When God breathed into Adam's nostrils the breath of life, He started the process of the combining of oxygen with the blood, which then carried the oxygen to all parts of the body, thereby imparting physical, animal life. The life of a human being is in his bloodstream. A wounded soldier on the battlefield fights to stop the flow of blood from his wounds, knowing that the loss of blood means the loss of life. The same is true in every case of wounds causing bleeding. You already know, and have known most of your life, that the loss of blood causes death — just as the Bible says. Then why have you blindly assumed differently about the vague, hazy, nebulous ideas on the "immortality" of the soul? God told Noah the life of any animal, or nephesh, was in the blood. "But flesh with the life [Hebrew, nephesh] thereof, which is the blood thereof, shall ye not eat" (Gen. 9:4). Here, the word "life" comes from the same Hebrew word nephesh, which is elsewhere rendered "soul," or "body." Read on, in verse five, where the same word is used for our English word "life," this time in reference to Naoh and every man. The life of man and the life of animals is the same. Mortal life! "For the life of the flesh is in the blood...he shall even pour out the blood thereof, and cover it with dust. For it is the life [nephesh] of all flesh; the blood of it is for the life thereof: therefore I said unto the children of Israel, Ye shall eat the blood of no manner of flesh: for the life of all flesh is the blood thereof" (Lev. 17:11-14). In these verses the English word "life" comes from the Hebrew word nephesh, and is defined in these biblical verses to be the life (blood) of all flesh, including all animal life as well as humans. Moses gave the Israelites God's warning about eating flesh with the blood still in it, "for the blood is the life [nephesh]; and thu mayest not eat the life with the flesh" (Deut. 12:23). The soul of man, therefore, is kept alive by the coursing of the blood through his veins, taking life-giving oxygen to the body cells. There are many other biblical references where the word "life" is directly connected with the blood, and is rendered from nephesh. See Genesis 19:17, 19; 32:30; 44:30 with Exodus 4:19 and 21:23, 30.

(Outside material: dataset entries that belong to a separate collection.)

-- ===== src/Schedule/Order/Topological.antt =====
-- The topological order of the kernels that are done, and how many each kernel still waits for.
use my_nn_engine.Prelude.{
  ℕ, zero, suc, ◌+◌, ◌<◌, ◌≡◌, refl, inl, inr, true, false, ◌&&◌, List, [], ◌∷◌, none, some,
  get_elem?, length, map, ltb, ◌==◌, if◌then◌else◌, arith, Bool-cases,
}
use my_nn_engine.Schedule.Ir.{KernelId}
use my_nn_engine.Schedule.Kernels.{contains}
use my_nn_engine.Schedule.Alloc.Counts.{count}
use my_nn_engine.Schedule.Deps.{Deps}
use my_nn_engine.Schedule.Deps.Links.{count_at}
use my_nn_engine.Schedule.Order.{zeros_from}
use my_nn_engine.Schedule.Order.Advance.{pending_at}

-- The set at a position, empty out of range.
abbrev pub set_at : List (List ℕ) → ℕ → List ℕ
set_at sets i = elim (get_elem? sets i) [ none ↦ [] | some set ↦ set ]

-- The kernels that a kernel waits for.
abbrev pub preds_of : Deps → KernelId → List KernelId
preds_of deps k = set_at deps.kernel_preds k

pub count_at-set_at : (i x : ℕ) (sets : List (List ℕ)) → count_at i sets x ≡ count x (set_at sets i)
count_at-set_at i x [] = refl
count_at-set_at zero x (set ∷ sets) = refl
count_at-set_at (suc i) x (set ∷ sets) = count_at-set_at i x sets

-- How many of the kernels are not done.
abbrev pub left : List KernelId → List KernelId → ℕ
left done [] = 0
left done (p ∷ ps) = (if contains done p then 0 else 1) + left done ps

-- The kernels that are done, the last one first: each one was done once, after all that it waits for.
abbrev pub IsTopological : ℕ → Deps → List KernelId → Type 0
IsTopological n deps [] = Unit
IsTopological n deps (kid ∷ done) =
    (kid < n)
    × (contains done kid ≡ false)
    × (left done (preds_of deps kid) ≡ 0)
    × IsTopological n deps done

pub left-nil : (ps : List KernelId) → left [] ps ≡ length ps
left-nil [] = refl
left-nil (p ∷ ps) = omega (arith, left-nil ps)

pub left-cons :
    (kid : ℕ) (done ps : List KernelId)
    → contains done kid ≡ false
    → left (kid ∷ done) ps + count kid ps ≡ left done ps
left-cons kid done [] h = refl
left-cons kid done (p ∷ ps) h = elim (Bool-cases (kid == p)) [
  | inl x ↦
      let same : kid ≡ p = ground arith in
      let h_p : contains done p ≡ false = rw (← same) h in ground (arith, left-cons kid done ps h)
  | inr x ↦ ground (arith, left-cons kid done ps h)
]

pub left-all :
    (done ps : List KernelId)
    → ((p : ℕ) → 0 < count p ps → contains done p ≡ true)
    → left done ps ≡ 0
left-all done [] h = refl
left-all done (p ∷ ps) h =
    let first = h p (ground arith) in
    let rest = left-all done ps (λ q k. h q (omega arith)) in ground arith

pub IsTopological-left :
    (n : ℕ) (deps : Deps) (done : List KernelId) (k : ℕ)
    → IsTopological n deps done
    → contains done k ≡ true
    → left done (preds_of deps k) ≡ 0
IsTopological-left n deps [] k t h = cc
IsTopological-left n deps (kid ∷ done) k t h = elim (Bool-cases (kid == k)) [
  | inl x ↦
      let same : kid ≡ k = ground arith in
      let l : left done (preds_of deps k) ≡ 0 = rw (← same) (t.2) in
      let fewer = left-cons kid done (preds_of deps k) t.1 in omega arith
  | inr x ↦
      let l = IsTopological-left n deps done k t.3 (ground arith) in
      let fewer = left-cons kid done (preds_of deps k) t.1 in omega arith
]

pub pending_at-map :
    (sets : List (List ℕ)) (k : ℕ) → pending_at (map length sets) k ≡ length (set_at sets k)
pending_at-map [] k = refl
pending_at-map (set ∷ sets) zero = refl
pending_at-map (set ∷ sets) (suc k) = pending_at-map sets k

pub length-map : (sets : List (List ℕ)) → length (map length sets) ≡ length sets
length-map [] = refl
length-map (set ∷ sets) = omega (arith, length-map sets)

zeros_from-before : (i k : ℕ) (pending : List ℕ) → k < i → count k (zeros_from i pending) ≡ 0
unfolding zeros_from
zeros_from-before i k [] h = refl
zeros_from-before i k (c ∷ pending) h = ground (arith, zeros_from-before (suc i) k pending)

pub count-zeros_from :
    (i j k : ℕ) (pending : List ℕ)
    → k ≡ i + j
    → count k (zeros_from i pending)
      ≡ (if ltb j (length pending) && pending_at pending j == 0 then 1 else 0)
unfolding zeros_from
count-zeros_from i j k [] q = ground arith
count-zeros_from i zero k (c ∷ pending) q =
    let rest = zeros_from-before (suc i) k pending (omega arith) in ground arith
count-zeros_from i (suc j) k (c ∷ pending) q =
    let rest = count-zeros_from (suc i) j k pending (omega arith) in ground arith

Christ Shed His Soul for Us
Remember, you have already seen amply proved that the life, or the soul, of any animal or human consists in the life-giving blood in the body. For another amazing proof, turn to Isaiah the 53rd chapter. In this prophecy concerning the coming of the promised Messiah to die for the world, God shows it was the soul of Christ that was given for us. "Yet it pleased the Eternal to bruise him; he hath put him to grief: when thou shalt make his soul [nephesh] an offering for sin..." (Isa. 53:10). How did Christ die? Any casual student of the Bible knows it was His shed blood that caused His death, not the sentimental "idea" of humans that Jesus died of a broken heart! (Write for our free reprint article "Did Christ Die of a BROKEN HEART?") Isaiah 52:14 describes the horrible beating Christ took when He was scourged before being forced to drag His own cross to the place of the skull. (See Matthew 27:26 and I Peter 1:19.) Jesus died because of the loss of His life-blood. It was His blood that was "shed" (Matt. 26:28), and "poured out," "...Because he hath poured out his soul [nephesh] unto death: and he was numbered with the transgressors; and he bare the sin of many, and made intercession for the transgressors" (Isa. 53:12). Did you notice it? Jesus Christ died because He bled to death — yet your Bible expressly states it was His soul that was poured out! Of course! The "soul" is the physical, temporary life of the human body, which can die (Ezek. 18:4, 20), be cut off (Exodus 31:14), and sent to the grave (Psalm 30:3). Nephesh is the word generally translated "soul" in the King James Version of the Old Testament. Nephesh — in reference to human beings — is always speaking of the temporary, physical, animal life which is supplied by the transfer of oxygen through the blood. As Hebrew scholar Marvin Pope states: "The term (nepes) has a wide range of meaning including breath, life, appetite, emotion, and the whole person. The idea of the soul as a separate entity from the body is unbiblical" (Job, Anchor Bible, p. 195).
The Amazing Origin
Since the idea of the immortality of the soul didn't come from the Old Testament, which comprised the only inspired Scripture existing until long after the time of Christ, then where did the idea come from? The Jewish Encyclopedia says: "The belief that the soul continues its existence after the dissolution of the body is...speculation ...nowhere expressly taught in Holy Scripture....The belief in the immortality of the soul came to the Jews from contact with Greek thought and chiefly through the philosophy of Plato, its principal exponent, who was led to it through Orphic and Eleusinian mysteries in which Babylonian and Egyptian views were strangely blended" (article, "Immortality of the Soul," vol. VI, pp. 564, 566). It came from the pagan Greeks, and was introduced into an apostate, paganized "Christianity" nearly two centuries after Christ! The Greeks obtained it from the Egyptians, who taught it soon after the apostasy at the tower of Babel. Herodotus, who was a famous Greek historian living in the fifth century before Christ, wrote: "The Egyptians were also the first that asserted that the soul of man is immortal....This opinion some among the Greeks have at
different periods of time adopted as their own" (Euterpe chapter 123). Socrates, a famous Greek philosopher, taught the pagan error to Plato. Compare the present-day teachings of the churches with what Plato wrote in his book, the Phaedo: "The soul whose inseparable attitude is life will never admit of life's opposite, death. Thus the soul is shown to be immortal, and since immortal, indestructible... Do we believe there is such a thing as death? To be sure. And is this anything but the separation of the soul and body? And being dead is the attainment of this separation, when the soul exists in herself and separate from the body, and the body is parted from the soul. That is death... Death is merely the separation of the soul and body." Plato, the student of Socrates, did not teach death was really death to the common people. Rather, he taught it as a separation of the "soul" from the body. But have you wondered why some of these erroneous ideas were taught?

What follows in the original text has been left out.